A paquimeningite hipertrófica é uma doença rara causada por uma inflamação crônica que evolui para a fibrose da dura-máter.[1] [2] Pode ser idiopática ou secundária a doenças sistêmicas, como sarcoidose, tuberculose, meningite fúngica, artrite reumatoide, carcinomatose e outras doenças inflamatórias

Esta doença pode ser intracraniana ou espinhal. Uma forma espinhal, a PHIE, é extremamente rara e pode estar associada à mielopatia e/ou radiculopatia. A PHIE pertence ao espectro de doenças relacionadas à IgG4, caracterizada por fibrose difusa combinada à infiltração linfoplasmocítica rica em plasmócitos teciduais IgG4- positivos.[3] A estenose do canal medular pode ser responsável pelo agravamento neurológico abrupto após o trauma.
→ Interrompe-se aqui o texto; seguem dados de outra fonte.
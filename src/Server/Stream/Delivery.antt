-- ===== src/Server/Stream/Delivery.antt =====
-- What a client's `Recv` loop gets of the frames that the stream branch writes.
use easy_rpc_go.Base.{
  ℕ, suc, ◌+◌, ◌≤◌, ◌≡◌, refl, sym, ap, ◌∙◌, arith, Bool, true, false, ◌&&◌, List, [], ◌∷◌, ◌++◌,
  map, some, ok, err, Result-cases, length, leb, All, if◌then◌else◌, inl, inr, Bool-cases,
}
use easy_rpc_go.Base.Int.{ℤ, pos, is_zero}
use easy_rpc_go.Text.{Bytes}
use easy_rpc_go.Code.{Error, eof, rpc, code_to_string, code_from_string}
use easy_rpc_go.Code.Names.{code_to_string_total}
use easy_rpc_go.Headers.{Headers}
use easy_rpc_go.Frame.{
  Gzip, default_max_message_bytes, put_uint32, frame_flags, frame, frame_compressed,
  read_frame_decompressed,
}
use easy_rpc_go.Frame.RoundTrip.{
  read_frame_decompressed-frame, read_frame_decompressed-frame_compressed,
}
use easy_rpc_go.Json.{JsonText}
use easy_rpc_go.Wire.Structs.{EndStreamMessage, clean_end}
use easy_rpc_go.Wire.Codec.{no_details, encode_end_stream}
use easy_rpc_go.Wire.Messages.{IsPlainMessage, arrived}
use easy_rpc_go.Wire.Arrival.{decode_end_stream-encode_end_stream}
use easy_rpc_go.Content.{ContentKind}
use easy_rpc_go.HandlerContext.{HandlerContext}
use easy_rpc_go.Server.Calls.{Program}
use easy_rpc_go.Server.Writer.{Event, status_set, header_set, written, reliable}
use easy_rpc_go.Server.Stream.{compress_min_bytes, data_frame, end_frame, run_handler}
use easy_rpc_go.Server.Stream.Transcript.{transcript, told, run_handler-transcript}
use easy_rpc_go.Client.Stream.{HttpStream, new_stream, recv, receive, receive_end, gather, collect}

-- The bytes of a body, in the order written.
unfoldable pub body_of : List Event → Bytes
body_of [] = []
body_of (status_set code ∷ events) = body_of events
body_of (header_set h ∷ events) = body_of events
body_of (written p ∷ events) = p ++ body_of events

-- A frame with at most the largest payload.
abbrev pub Fits : Bytes → Type 0
Fits frame = length frame ≤ 5 + default_max_message_bytes

module _ (gzip : Gzip) (wants_gzip : Bool) where
  -- What arrives of a payload: itself, unless the stream is compressed and the payload is long
  -- enough for it; then what gzip made of it.
  unfoldable pub delivered : Bytes → Bytes
  delivered p =
      if wants_gzip && leb compress_min_bytes (length p)
      then elim (gzip.compress p) [ ok z ↦ z | err e ↦ p ]
      else p

  Fits-frame : (p : Bytes) (end : Bool) → Fits (frame p end) → length p ≤ default_max_message_bytes
  unfolding frame frame_flags put_uint32
  Fits-frame p true h = omega arith
  Fits-frame p false h = omega arith

  -- The two shapes of a compressed frame.
  frame_compressed-ok :
      (p z : Bytes) → gzip.compress p ≡ ok z → frame_compressed gzip p ≡ frame_flags 1 z
  unfolding frame_compressed frame frame_flags
  frame_compressed-ok p z e = rw (e, frame_compressed) refl

  frame_compressed-err :
      (p x : Bytes) → gzip.compress p ≡ err x → frame_compressed gzip p ≡ frame p false
  unfolding frame_compressed
  frame_compressed-err p x e = rw (e, frame_compressed) refl

  Fits-compressed : (z : Bytes) → Fits (frame_flags 1 z) → length z ≤ default_max_message_bytes
  unfolding frame_flags put_uint32
  Fits-compressed z h = omega arith

  read_frame_compressed :
      (p r : Bytes)
      → Fits (frame_compressed gzip p)
      → read_frame_decompressed gzip (frame_compressed gzip p ++ r) ≡ (ok (p, false), r)
  read_frame_compressed p r h = elim (Result-cases (gzip.compress p)) [
    | inl (z, e) ↦
        read_frame_decompressed-frame_compressed gzip p z r e
          (Fits-compressed z (rw (frame_compressed-ok p z e) at h))
    | inr (x, e) ↦ rw (frame_compressed-err p x e) (
        read_frame_decompressed-frame gzip p r false
          (Fits-frame p false (rw (frame_compressed-err p x e) at h)))
  ]

  -- Of the frame that emit writes for a payload, a client's reader gets the payload as it is, but
  -- where the stream is compressed, the payload has 1024 bytes or more and the compressor takes it:
  -- there it gets the compressed bytes. It stops behind the frame, which keeps the size limit.
  pub read_frame_decompressed-data_frame :
      (p r : Bytes)
      → Fits (data_frame gzip wants_gzip p)
      → read_frame_decompressed gzip (data_frame gzip wants_gzip p ++ r)
        ≡ (ok (delivered p, false), r)
  unfolding data_frame delivered
  read_frame_decompressed-data_frame p r h =
      elim (Bool-cases (wants_gzip && leb compress_min_bytes (length p))) [
        | inr plain ↦
            rw (plain)
              (read_frame_decompressed-frame gzip p r false (Fits-frame p false (rw plain at h)))
        | inl long ↦ elim (Result-cases (gzip.compress p)) [
          | inl (z, e) ↦ rw (long, e) (read_frame_compressed z r (rw (long, e) at h))
          | inr (x, e) ↦
              rw (long, e)
                (read_frame_decompressed-frame gzip p r false
                  (Fits-frame p false (rw (long, e) at h)))
        ]
      ]

-- What the client is told at the end: the error and the trailers. Trailers come only with a clean
-- end.
unfoldable pub farewell : EndStreamMessage → Error × Headers
farewell m =
    let a = arrived m in
    if is_zero m.code && no_details m.details
    then (eof, a.metadata)
    else (rpc (record { code = a.code; message = a.message; details = a.details }), [])

-- The code of a failure is none of a clean end.
failure_code :
    (c : ℤ)
    → is_zero (pos (code_from_string (code_to_string (if is_zero c then pos 2 else c)))) ≡ false
failure_code c = elim (Bool-cases (is_zero c)) [
  | inl z ↦ rw z (unfold code_from_string code_to_string in refl)
  | inr n ↦ elim (code_to_string_total c) [
    | inl e ↦ rw n (ap is_zero (sym e) ∙ n)
    | inr (_, e) ↦ rw (n, e) refl
  ]
]

quiet_end :
    (h : Headers)
    → receive_end
        (record clean_end { metadata = h })
        (record { body = []; ended = true; trailers = [] })
      ≡ (eof, record { body = []; ended = true; trailers = h })
unfolding receive_end
quiet_end [] = refl
quiet_end (e ∷ h) = refl

receive_end-arrived :
    (m : EndStreamMessage)
    → receive_end (arrived m) (record { body = []; ended = true; trailers = [] })
      ≡ ((farewell m).0, record { body = []; ended = true; trailers = (farewell m).1 })
unfolding receive_end farewell
receive_end-arrived m = elim (Bool-cases (is_zero m.code && no_details m.details)) [
  | inl clean ↦ rw clean (quiet_end _)
  | inr failed ↦ rw (failed, failure_code m.code) refl
]

module _ (gzip : Gzip) (text : JsonText) (wants_gzip : Bool) where
  recv_end :
      (m : EndStreamMessage)
      → IsPlainMessage m
      → Fits (end_frame text m)
      → recv gzip text (new_stream (end_frame text m ++ []))
        ≡ (err (farewell m).0, record { body = []; ended = true; trailers = (farewell m).1 })
  unfolding recv end_frame receive
  recv_end m plain h =
      rw
        (
          read_frame_decompressed-frame gzip (encode_end_stream text m) [] true
              (Fits-frame gzip wants_gzip _ true h),
          decode_end_stream-encode_end_stream text m plain,
          receive_end-arrived m,
        )
        refl

  recv_payload :
      (p r : Bytes)
      → Fits (data_frame gzip wants_gzip p)
      → recv gzip text (new_stream (data_frame gzip wants_gzip p ++ r))
        ≡ (ok (delivered gzip wants_gzip p), new_stream r)
  unfolding recv receive
  recv_payload p r h = rw (read_frame_decompressed-data_frame gzip wants_gzip p r h) refl

  collect-ok :
      (n : ℕ) (s s' : HttpStream) (p : Bytes)
      → recv gzip text s ≡ (ok p, s')
      → collect gzip text (suc n) s
        ≡ record (collect gzip text n s') { messages = p ∷ (collect gzip text n s').messages }
  unfolding collect
  collect-ok n s s' p e = ap (λ t. gather t (collect gzip text n)) e

  collect-err :
      (n : ℕ) (s s' : HttpStream) (x : Error)
      → recv gzip text s ≡ (err x, s')
      → collect gzip text (suc n) s ≡ record { messages = []; error = some x; stream = s' }
  unfolding collect
  collect-err n s s' x e = ap (λ t. gather t (collect gzip text n)) e

  collect-payloads :
      (ps : List Bytes) (m : EndStreamMessage)
      → All (λ p. Fits (data_frame gzip wants_gzip p)) ps
      → IsPlainMessage m
      → Fits (end_frame text m)
      → collect gzip text (suc (length ps)) (
          new_stream (
            body_of (
              map (λ p. written (data_frame gzip wants_gzip p)) ps
              ++ written (end_frame text m) ∷ [])))
        ≡ record {
          messages = map (delivered gzip wants_gzip) ps;
          error = some (farewell m).0;
          stream = record { body = []; ended = true; trailers = (farewell m).1 };
        }
  unfolding body_of
  collect-payloads [] m h plain fits = collect-err 0 _ _ _ (recv_end m plain fits)
  collect-payloads (p ∷ ps) m (hp, h) plain fits =
      collect-ok (suc (length ps)) _ _ _ (recv_payload p _ hp)
      ∙ rw (collect-payloads ps m h plain fits) refl

-- A client's Recv loop, over the bytes that the run of a stream handler writes to a writer that
-- does not fail, returns in order what is delivered of each payload that the handler emits before
-- its end, and then, within one call more than there are payloads, io.EOF with the trailers or the
-- handler's error as an RPC error without them. Each frame keeps the size limit; the last message
-- is plain: ASCII texts, byte values, distinct metadata names. An error whose code is 0 or has no
-- name arrives as code 2, but one of code 0 without details as io.EOF; a detail without a type or a
-- value does not arrive.
pub collect-run_handler :
    (gzip : Gzip) (text : JsonText) (kind : ContentKind) (wants_gzip : Bool) (program : Program)
    (hc : HandlerContext)
    → All (λ p. Fits (data_frame gzip wants_gzip p)) (transcript program hc).payloads
    → IsPlainMessage (transcript program hc).final
    → Fits (end_frame text (transcript program hc).final)
    → collect gzip text
        (suc (length (transcript program hc).payloads))
        (new_stream (body_of (run_handler reliable gzip text kind wants_gzip program hc [])))
      ≡ record {
        messages = map (delivered gzip wants_gzip) (transcript program hc).payloads;
        error = some (farewell (transcript program hc).final).0;
        stream = record {
          body = [];
          ended = true;
          trailers = (farewell (transcript program hc).final).1;
        };
      }
unfolding body_of told
collect-run_handler gzip text kind wants_gzip program hc fits plain end_fits =
    rw (run_handler-transcript gzip text kind wants_gzip program hc []) (
      collect-payloads gzip text wants_gzip (transcript program hc).payloads
        (transcript program hc).final fits plain end_fits)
À ressonância magnética, é comum observar espessamento e hipointensidade da dura-máter nas ponderações em T1 e T2, com forte realce em múltiplos níveis.[4] [5] O tratamento clínico inclui o uso prolongado de medicamentos imunossupressores, como os corticosteroides. O tratamento cirúrgico é realizado em pacientes com mielopatia ou radiculopatia associada a alterações neurológicas e é indicado para descompressão do canal medular. Em alguns casos, uma duraplastia é necessária para descompressão adequada.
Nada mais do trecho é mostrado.